For What It’s Worth

Assumptions can be wrong

Interesting what can happen sometimes when assumptions are made.

Last week, for example, drug agents swarmed onto a property in Union County, Illinois, expecting to find a meth operation. Instead, they discovered a man’s hobby of making homemade maple syrup.

Resident Laura Benson told a TV station reporter that the drug agents acted on a report of a meth lab on the Bensons’ property. Why would the agents have such a report? Apparently, Benson suggests, because of an assumption. “I think my neighbors on their way to church see the buckets and stuff and think we’ve got a meth operation going on here,” she said.

The “buckets and stuff” are used to extract the sap from the maple trees and turn it into maple syrup, a hobby Benson’s husband has enjoyed for the past five years.

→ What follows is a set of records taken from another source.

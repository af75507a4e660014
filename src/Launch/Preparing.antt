-- ===== src/Launch/Preparing.antt =====
-- launch.ts, prepareLaunchPlan and requestConfigSwitch: what they store, and in which order.
use agx.Prelude.{String, ◌≡◌, refl, some, true, false, arith, ◌⊎◌, ◌↔◌}
use agx.Prelude.Dict.{get}
use agx.Prelude.Outcome.{returned, thrown}
use agx.Prelude.Checked.{ok}
use agx.Client.{ClientId, resolve_client_support}
use agx.Activation.{
  LaunchPhase, LaunchPlan, with_failure, create_launch_plan, transition_launch_plan,
  switch_requested,
}
use agx.Plans
use agx.Queries.{Detail, detail, no_detail, detail_of, Lookup}
use agx.Launch.{event_of, new_plan, unsupported_client, prepare_launch_plan, request_config_switch}
use agx.Launch.World.{State, Ports}

-- A prepared plan waits for its confirmation, or has failed if there is no revision for it.
abbrev pub prepared_plan : Detail → LaunchPlan → LaunchPlan
prepared_plan (detail r) plan = record plan { phase = LaunchPhase.awaiting_confirmation }
prepared_plan (no_detail reason) plan = with_failure plan LaunchPhase.failed reason

prepare_transition :
    (d : Detail) (plan : LaunchPlan)
    → plan.phase ≡ LaunchPhase.prepared
    → transition_launch_plan plan (event_of d) ≡ ok (prepared_plan d plan)
unfolding transition_launch_plan
prepare_transition (detail r) plan e = ground arith
prepare_transition (no_detail reason) plan e = ground arith

new_plan-phase :
    {W : Type 0} (ports : Ports W) (revision_id : String) (client : ClientId) (t : String)
    (d : Detail) (u v : String)
    → (new_plan ports revision_id client t d u v).phase ≡ LaunchPhase.prepared
unfolding create_launch_plan
new_plan-phase ports revision_id client t d u v = refl

-- The calls of the ports that one preparation makes, in order, and their answers.
pub record Answers {W : Type 0} (ports : Ports W) (revision_id : String) (s : State W)
    : Type 0 where
  pub time : String
  pub plan_uuid : String
  pub op_uuid : String
  pub lookup : Lookup
  pub s₁ : State W
  pub s₂ : State W
  pub s₃ : State W
  pub s₄ : State W
  pub timed : ports.now s ≡ (returned time, s₁)
  pub looked : ports.find_revision revision_id s₁ ≡ (returned lookup, s₂)
  pub plan_named : ports.random_id s₂ ≡ (returned plan_uuid, s₃)
  pub op_named : ports.random_id s₃ ≡ (returned op_uuid, s₄)

unsupported_iff :
    (c : ClientId) → ((resolve_client_support c).supported ≡ false) ↔ (c ≡ ClientId.codex_cli)
unfolding resolve_client_support
unsupported_iff ClientId.omp = ((λ e. absurd (cc)), (λ e. absurd (cc)))
unsupported_iff ClientId.claude_code = ((λ e. absurd (cc)), (λ e. absurd (cc)))
unsupported_iff ClientId.codex_cli = ((λ e. refl), (λ e. refl))

module _ {W : Type 0} (ports : Ports W) (revision_id : String) (client : ClientId) where
  -- The plan that the answers lead to.
  abbrev pub answered : (s : State W) → Answers ports revision_id s → LaunchPlan
  answered s a =
      let d = detail_of revision_id a.lookup in
      prepared_plan d (new_plan ports revision_id client a.time d a.plan_uuid a.op_uuid)

  -- For a client that is not supported, which is the Codex CLI alone, preparing throws before any
  -- call and any write. For another one it returns, when the ports answer, a plan that awaits its
  -- confirmation or, if the revision is missing or unsupported, has failed with that reason; the plan
  -- is stored as it is returned.
  pub prepare_lem :
      (s : State W)
      → ((resolve_client_support client).supported ≡ false
          → prepare_launch_plan ports revision_id client s
            ≡ (thrown (unsupported_client client (resolve_client_support client).reason), s))
        × ((a : Answers ports revision_id s)
            → (resolve_client_support client).supported ≡ true
            → prepare_launch_plan ports revision_id client s ≡ (
              returned (answered s a),
              record a.s₄ { plans = Plans.save (answered s a) a.s₄.plans },
            ))
        × (((resolve_client_support client).supported ≡ false) ↔ (client ≡ ClientId.codex_cli))
  unfolding prepare_launch_plan
  prepare_lem s = (
    (λ e. rw e refl),
    (λ a e.
        let d = detail_of revision_id a.lookup in
        let plan = new_plan ports revision_id client a.time d a.plan_uuid a.op_uuid in
        rw
          (
            e,
            a.timed,
            a.looked,
            a.plan_named,
            a.op_named,
            prepare_transition d plan
                (new_plan-phase ports revision_id client a.time d a.plan_uuid a.op_uuid),
          )
          refl),
    unsupported_iff client,
  )

abbrev pub switched_plan : LaunchPlan → LaunchPlan
switched_plan plan =
    with_failure plan LaunchPhase.requires_restart "switch-requested-new-configuration-selected"

switch_transition :
    (plan : LaunchPlan)
    → (plan.phase ≡ LaunchPhase.succeeded) ⊎ (plan.phase ≡ LaunchPhase.degraded)
    → transition_launch_plan plan switch_requested ≡ ok (switched_plan plan)
unfolding transition_launch_plan
switch_transition plan e = ground arith

module _ {W : Type 0} (ports : Ports W) where
  -- Switching away from a plan that has succeeded or degraded stores it as requiring a restart
  -- first. If the new client is not supported the call then throws, with no new plan, and the old
  -- one stays as it was stored; if it is, and the ports answer, the new plan is prepared.
  pub switch_lem :
      (id revision_id : String) (client : ClientId) (plan : LaunchPlan) (s : State W)
      → get id s.plans ≡ some plan
      → (plan.phase ≡ LaunchPhase.succeeded) ⊎ (plan.phase ≡ LaunchPhase.degraded)
      → let s₀ : State W = record s { plans = Plans.save (switched_plan plan) s.plans } in
        ((resolve_client_support client).supported ≡ false
          → request_config_switch ports id revision_id client s
            ≡ (thrown (unsupported_client client (resolve_client_support client).reason), s₀))
        × ((a : Answers ports revision_id s₀)
            → (resolve_client_support client).supported ≡ true
            → request_config_switch ports id revision_id client s ≡ (
              returned (switched_plan plan, answered ports revision_id client s₀ a),
              record a.s₄ {
                plans = Plans.save (answered ports revision_id client s₀ a) a.s₄.plans;
              },
            ))
  unfolding request_config_switch Plans.find_by_id
  switch_lem id revision_id client plan s found done =
      let s₀ : State W = record s { plans = Plans.save (switched_plan plan) s.plans } in
      (
        (λ e.
            rw (found, switch_transition plan done, (prepare_lem ports revision_id client s₀).0 e)
              refl),
        (λ a e.
            rw (found, switch_transition plan done, (prepare_lem ports revision_id client s₀).1 a e)
              refl),
      )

She explained this to the drug agents and gave them a sample of her husband’s syrup for their enjoyment.

You might say this wrong assumption had a sweet ending, but things were a bit stickier for an elderly woman in Riviera Beach, Florida, when police raided her home in search of drugs and left the house with considerable damage.

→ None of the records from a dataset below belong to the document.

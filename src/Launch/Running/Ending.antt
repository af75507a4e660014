-- ===== src/Launch/Running/Ending.antt =====
-- launch.ts, launchOmp: a run that returns has ended its plan, for good and in the store.
use agx.Prelude.{
  String, ◌≡◌, refl, sym, ap, subst, ◌∙◌, Option, none, some, true, not, List, arith, inl, inr,
}
use agx.Prelude.Dict.{get}
use agx.Prelude.Outcome.{returned}
use agx.Prelude.Exec.{>>=-eq-returned, if-returned}
use agx.Prelude.Checked.{Checked, ok, refused}
use agx.Config.{StableConfigRevision}
use agx.Activation.{
  LaunchPhase, LaunchPlan, ObservedOutcome, outcome_phase, is_terminal_phase, apply_failed,
  observed, transition_launch_plan,
}
use agx.Activation.Phases.{SamePlan, transition-SamePlan}
use agx.Activation.History.{SamePlan-trans}
use agx.Activation.Projection.{Applied}
use agx.Plans
use agx.Plans.{same_phase}
use agx.Queries.{Detail, detail, no_detail}
use agx.Launch.{revision_detail}
use agx.Launch.World.{State, Ports, SpawnResult}
use agx.Launch.Writes.{Written, Written-stored, save_or_throw-Written, same_phase-eq}
use agx.Launch.Running.{
  step_saved, fail_launch, observe_launch, after_spawn, launch_revision, launch_detail,
  launch_found, launch_omp, derive_outcome, is_unknown_level,
}

-- The plan has ended, it is the plan that was run, and it is stored in the phase that it ended in.
pub record Ended {W : Type 0} (plan r : LaunchPlan) (s' : State W) : Type 0 where
  pub terminal : is_terminal_phase r.phase ≡ true
  pub same_plan : SamePlan plan r
  pub stored : LaunchPlan
  pub is_stored : get r.plan_id s'.plans ≡ some stored
  pub stored_phase : stored.phase ≡ r.phase

failed_phase :
    (plan r : LaunchPlan) (reason : String)
    → transition_launch_plan plan (apply_failed reason) ≡ ok r
    → r.phase ≡ LaunchPhase.failed
unfolding transition_launch_plan
failed_phase plan r reason e = ground arith

observed_phase :
    (plan r : LaunchPlan) (o : ObservedOutcome) (reason : Option String)
    → transition_launch_plan plan (observed o reason) ≡ ok r
    → r.phase ≡ outcome_phase o
unfolding transition_launch_plan
observed_phase plan r o reason e = ground arith

terminal_outcome : (o : ObservedOutcome) → is_terminal_phase (outcome_phase o) ≡ true
unfolding is_terminal_phase
terminal_outcome o = ground arith

terminal_failed : is_terminal_phase LaunchPhase.failed ≡ true
unfolding is_terminal_phase
terminal_failed = refl

module _ {W : Type 0} (ports : Ports W) (guarded : ports.guards_writes ≡ true) where
  step_saved-Written :
      (c : Checked LaunchPlan) (plan r : LaunchPlan) (expected : LaunchPhase) (event : String)
      (s s' : State W)
      → step_saved ports c plan expected event s ≡ (returned r, s')
      → (c ≡ ok r) × Written r expected s s'
  unfolding step_saved
  step_saved-Written (refused reason) plan r expected event s s' e = absurd (cc)
  step_saved-Written (ok plan') plan r expected event s s' e =
      let (same, written) = save_or_throw-Written ports plan' expected _ r s s' guarded e in
      (ap ok (sym same), subst (λ q. Written q expected s s') (sym same) written)

  Written-Ended :
      (plan r : LaunchPlan) (expected : LaunchPhase) (s s' : State W)
      → is_terminal_phase r.phase ≡ true
      → SamePlan plan r
      → Written r expected s s'
      → Ended plan r s'
  Written-Ended plan r expected s s' t same w =
      let (stored, found, phase) = Written-stored ports r expected s s' w in
      record {
        terminal = t;
        same_plan = same;
        stored = stored;
        is_stored = found;
        stored_phase = phase;
      }

  fail_launch-Ended :
      (plan r : LaunchPlan) (reason : String) (s s' : State W)
      → fail_launch ports plan reason s ≡ (returned r, s')
      → Ended plan r s'
  unfolding fail_launch
  fail_launch-Ended plan r reason s s' e =
      let (accepted, written) = step_saved-Written _ plan r _ _ s s' e in
      Written-Ended plan r _ s s'
        (ap is_terminal_phase (failed_phase plan r reason accepted) ∙ terminal_failed)
        (transition-SamePlan plan r _ accepted) written

  observe_launch-Ended :
      (plan r : LaunchPlan) (result : SpawnResult) (how : Applied) (s s' : State W)
      → observe_launch ports plan result how s ≡ (returned r, s')
      → Ended plan r s'
  unfolding observe_launch
  observe_launch-Ended plan r result how s s' e =
      let (begun, t, start, rest) =
        >>=-eq-returned (step_saved ports _ plan LaunchPhase.applying "process-started") _ e in
      let (begins, w) = step_saved-Written _ plan begun _ _ s t start in
      let (ends, written) = step_saved-Written _ begun r _ _ t s' rest in
      let o = derive_outcome result how in
      Written-Ended plan r _ t s'
        (ap is_terminal_phase (observed_phase begun r o.0 o.1 ends) ∙ terminal_outcome o.0)
        (SamePlan-trans plan begun r (transition-SamePlan plan begun _ begins)
          (transition-SamePlan begun r _ ends))
        written

  after_spawn-Ended :
      (c : Checked SpawnResult) (plan r : LaunchPlan) (how : Applied) (s s' : State W)
      → after_spawn ports c plan how s ≡ (returned r, s')
      → Ended plan r s'
  unfolding after_spawn
  after_spawn-Ended (refused message) plan r how s s' e = fail_launch-Ended plan r _ s s' e
  after_spawn-Ended (ok result) plan r how s s' e = observe_launch-Ended plan r result how s s' e

  launch_revision-Ended :
      (plan r : LaunchPlan) (revision : StableConfigRevision) (extension_path : String)
      (args : List String) (cwd : String) (s s' : State W)
      → launch_revision ports plan revision extension_path args cwd s ≡ (returned r, s')
      → Ended plan r s'
  unfolding launch_revision
  launch_revision-Ended plan r revision extension_path args cwd s s' e =
      let (probe, t, probed, rest) = >>=-eq-returned ports.probe _ e in
      elim (if-returned (is_unknown_level ports probe.level) _ _ rest) [
        | inl (is_unknown, failing) ↦ fail_launch-Ended plan r _ t s' failing
        | inr (is_clear, going) ↦
            let (launched_at, t₁, ticked, rest₁) = >>=-eq-returned ports.now _ going in
            let (path, t₂, wrote, rest₂) = >>=-eq-returned (ports.write_context _) _ rest₁ in
            after_spawn-Ended _ plan r _ _ s' rest₂
      ]

  launch_detail-Ended :
      (d : Detail) (plan r : LaunchPlan) (extension_path : String) (args : List String)
      (cwd : String) (s s' : State W)
      → launch_detail ports d plan extension_path args cwd s ≡ (returned r, s')
      → Ended plan r s'
  unfolding launch_detail
  launch_detail-Ended (no_detail message) plan r extension_path args cwd s s' e =
      fail_launch-Ended plan r _ s s' e
  launch_detail-Ended (detail revision) plan r extension_path args cwd s s' e =
      launch_revision-Ended plan r revision extension_path args cwd s s' e

  launch_found-Ended :
      (found : Option LaunchPlan) (id extension_path : String) (args : List String) (cwd : String)
      (s s' : State W) (r : LaunchPlan)
      → launch_found ports found id extension_path args cwd s ≡ (returned r, s')
      → (plan : LaunchPlan) × (found ≡ some plan)
        × (plan.phase ≡ LaunchPhase.applying)
        × Ended plan r s'
  unfolding launch_found
  launch_found-Ended none id extension_path args cwd s s' r e = absurd (cc)
  launch_found-Ended (some plan) id extension_path args cwd s s' r e =
      elim (if-returned (not (same_phase plan.phase LaunchPhase.applying)) _ _ e) [
        | inl (other, thrown_out) ↦ absurd (cc)
        | inr (is_applying, going) ↦
            let (d, t, detailed, rest) =
              >>=-eq-returned (revision_detail ports plan.revision_id) _ going in
            (
              plan,
              refl,
              same_phase-eq plan.phase LaunchPhase.applying (ground arith),
              launch_detail-Ended d plan r extension_path args cwd t s' rest,
            )
      ]

  -- With writes guarded by the phase, a call of `launchOmp` that returns was given a stored plan
  -- that had been confirmed and not yet run (in the phase applying), and returns that plan in a
  -- terminal phase, which is also the phase it is stored in; whatever the calls of the ports did to
  -- the stored plans in between.
  pub launch_omp-Ended :
      (id extension_path : String) (args : List String) (cwd : String) (s s' : State W)
      (r : LaunchPlan)
      → launch_omp ports id extension_path args cwd s ≡ (returned r, s')
      → (plan : LaunchPlan) × (get id s.plans ≡ some plan)
        × (plan.phase ≡ LaunchPhase.applying)
        × Ended plan r s'
  unfolding launch_omp Plans.find_by_id
  launch_omp-Ended id extension_path args cwd s s' r e =
      launch_found-Ended (get id s.plans) id extension_path args cwd s s' r e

The raid by Riviera Beach police occurred about 1 p.m. Dec. 18 at the home of a 90-year-old woman, who has lived at the residence for 25 years. She said she was sleeping and was awakened by a loud noise, “like a bomb or something.”

Windows were broken out, a door broken, and marks inside the house suggest a flash-bang device has been set off. The woman said she didn’t know how police got in, but she found them in her house talking about drugs. Police searched the house using drug-sniffing dogs but found nothing.

As with many TV new reports, the story reporting on the incident was short on information. It reported that police said they obtained a search warrant based on evidence of criminal activity at the house, but didn’t give any detail on what the alleged activity was. Nor did it indicate if police knocked before smashing through the door and setting off a flash-bang device. Police said the search warrant was executed at the correct address and, while the woman may not have had any knowledge of drugs being sold from her house, that didn’t mean the criminal activity didn’t happen.

However, the TV news report says, the police department since has done some temporary repairs and agreed to pay for new windows and door. The door is to be replaced this week and the new windows in place by Feb. 28.

At times, things are not as they may appear to be or we assume them to be; and, when we act on the basis of appearances or assumption, the results may not be what is intended. While the outcome may be maple syrup, we risk something more serious happening.